6. The method of claim 5, wherein the constructed graph neural network updates the features of each central point by iterating through the states of neighboring points to improve the state of the central point by the formula:

wherein, a point cloud picture containing N points is defined as P ═ { P ═ P₁，...，p_NIn which p is_i＝(x_i，s_i)，x_i∈R³Spatial coordinates (X, Y, Z), s representing the original point cloud_i∈R^kK-dimensional vector representing the state of the original point attribute, f^t(·)、g^t(. and h)^tThe functions are all modeled by a multilayer perceptron (MLP), M represents the total number of target classes, x_jIs the point cloud three-dimensional coordinate of the j point,

is a j-point feature of the t layer.

7. The method of claim 5, wherein the positioning branch predicts bounding boxes for each class, and computes the Huber penalty for a predictor and group branch if a vertex is in a bounding box; if a vertex is not in the bounding box or is a non-interesting class, its positioning penalty is set to 0, and the specific formula is as follows:

to know

Respectively, the prediction probability and class label one-hot coding of the ith vertex, b is a freedom degree format,

is one-hot encoded for the true class label at point i,

predicting the probability coding for the class of i points, v_iFor the predicted three-dimensional coordinates of the vertex i, b_interestFor the category real box area that needs to be located,

7-dimensional bounding-box coding for predicted vertices i,/_huberIs the Huber loss function, δ^gtThe 7-dimensional bounding box of the true category label is encoded.

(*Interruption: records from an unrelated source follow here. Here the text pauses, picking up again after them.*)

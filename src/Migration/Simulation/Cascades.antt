-- ===== src/Migration/Simulation/Cascades.antt =====
-- ON DELETE CASCADE by the revision's catalog (alembic/versions) beside Schema.Statements.cascade:
-- the tables that no cascade reaches, and one step of the others.
pub mod Closure
use balotly_backend.Base.{
  ℕ, zero, suc, some, Bool, true, false, ◌&&◌, ◌||◌, ◌≡◌, refl, ap, ◌∙◌, String, List, [], ◌∷◌,
  ◌==◌, map, arith, string_eq,
}
use balotly_backend.Base.Dict.{Dict}
use balotly_backend.Schema.Rows.{
  Organization, User, Contest, Category, Candidate, VotePackage, Subaccount, Transaction, Vote,
  Settlement,
}
use balotly_backend.Schema.Table.{is_doomed}
use balotly_backend.Schema.Database.{
  Database, organization_key, user_key, contest_key, category_key, candidate_key, vote_package_key,
  subaccount_key, transaction_key, vote_key, settlement_key,
}
use balotly_backend.Schema.Statements.{Doomed, cascade}
use balotly_backend.Migration.Conditions.{Row, key}
use balotly_backend.Migration.Catalog.{ForeignKey}
use balotly_backend.Migration.Revision.Roundtrip.{upgraded}
use balotly_backend.Migration.Cells.{
  organization_cells, user_cells, contest_cells, category_cells, candidate_cells,
  vote_package_cells, subaccount_cells, transaction_cells, vote_cells, settlement_cells, tables_of,
}
use balotly_backend.Migration.Execution.{
  Rows, refers, is_bound, is_cascade, keys_of, rows_where, cascaded,
}
use balotly_backend.Migration.Commands.{doomed_where}
use balotly_backend.Migration.Refinement.Targets.{
  organization_id, user_id, contest_id, category_id, candidate_id, vote_package_id, subaccount_id,
  transaction_id, vote_id, settlement_id,
}
use balotly_backend.Migration.Simulation.Referrers.{
  refers_sound, refers_complete, organization_keys, user_keys, contest_keys, category_keys,
  candidate_keys, vote_package_keys, subaccount_keys, transaction_keys, vote_keys, settlement_keys,
}

module _ (db : Database) (t : String) (p : Row → Bool) where
  abbrev pub chosen : ℕ → Rows
  chosen n = cascaded upgraded (tables_of db) (rows_where t p) n

  abbrev pub closed : Doomed
  closed = cascade db (doomed_where t p)

  -- Rows that are named stay chosen.
  pub named_chosen :
      (n : ℕ) (u : String) (r : Row) → rows_where t p u r ≡ true → chosen n u r ≡ true
  named_chosen zero u r h = h
  named_chosen (suc n) u r h = ground (arith, named_chosen n u r h)

  -- One step, by the foreign keys that the revision gives a table.
  pub chosen_step :
      {ks : Dict String ForeignKey} (u : String)
      → keys_of upgraded u ≡ ks
      → (n : ℕ) (r : Row)
      → chosen (suc n) u r ≡ (chosen n u r || is_bound is_cascade ks (chosen n) (tables_of db) r)
  chosen_step u keys n r =
      ap (λ ks. chosen n u r || is_bound is_cascade ks (chosen n) (tables_of db) r) keys

  -- Without ON DELETE CASCADE only the named rows go.
  chosen_named :
      {ks : Dict String ForeignKey} (u : String)
      → keys_of upgraded u ≡ ks
      → ((n : ℕ) (r : Row) → is_bound is_cascade ks (chosen n) (tables_of db) r ≡ false)
      → (n : ℕ) (r : Row) → chosen n u r ≡ rows_where t p u r
  chosen_named u keys free zero r = refl
  chosen_named u keys free (suc n) r =
      ground (arith, chosen_step u keys n r, free n r, chosen_named u keys free n r)

  pub organization_chosen :
      (n : ℕ) (r : Organization)
      → chosen n "organizations" (organization_cells r) ≡ closed.organizations r
  unfolding cascade
  organization_chosen n r =
      chosen_named "organizations" organization_keys (λ m s. refl) n (organization_cells r)

  pub user_chosen : (n : ℕ) (r : User) → chosen n "users" (user_cells r) ≡ closed.users r
  unfolding cascade
  user_chosen n r = chosen_named "users" user_keys (λ m s. refl) n (user_cells r)

  pub transaction_chosen :
      (n : ℕ) (r : Transaction)
      → chosen n "transactions" (transaction_cells r) ≡ closed.transactions r
  unfolding cascade
  transaction_chosen n r =
      chosen_named "transactions" transaction_keys (λ m s. refl) n (transaction_cells r)

  pub vote_chosen :
      (n : ℕ) (r : Vote) → chosen n "votes" (vote_cells r) ≡ rows_where t p "votes" (vote_cells r)
  unfolding cascade
  vote_chosen n r = chosen_named "votes" vote_keys (λ m s. refl) n (vote_cells r)

  pub settlement_chosen :
      (n : ℕ) (r : Settlement) → chosen n "settlements" (settlement_cells r) ≡ closed.settlements r
  unfolding cascade
  settlement_chosen n r =
      chosen_named "settlements" settlement_keys (λ m s. refl) n (settlement_cells r)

8. A lidar target detection system that fuses semantic information, wherein the system comprises:

the first obtaining unit is used for performing semantic segmentation processing on the image frame under each timestamp to obtain a semantic segmentation score;

the first adding unit is used for adding image RGB characteristics under corresponding camera coordinates in each frame of point cloud data;

a first projection unit for projecting the point cloud data to which the image RGB features are added into an output of a segmentation network and attaching the semantic segmentation score to the point cloud data;

and the second obtaining unit is used for carrying out target classification and 3D frame regression based on graph convolution on the point cloud data added with the semantic segmentation scores and the image RGB features to obtain a target position frame and a target category.

9. A lidar target detection system incorporating semantic information, comprising a memory, a processor and a computer program stored on the memory and executable on the processor, wherein the processor implements the steps of the method of any of claims 1-7 when executing the program.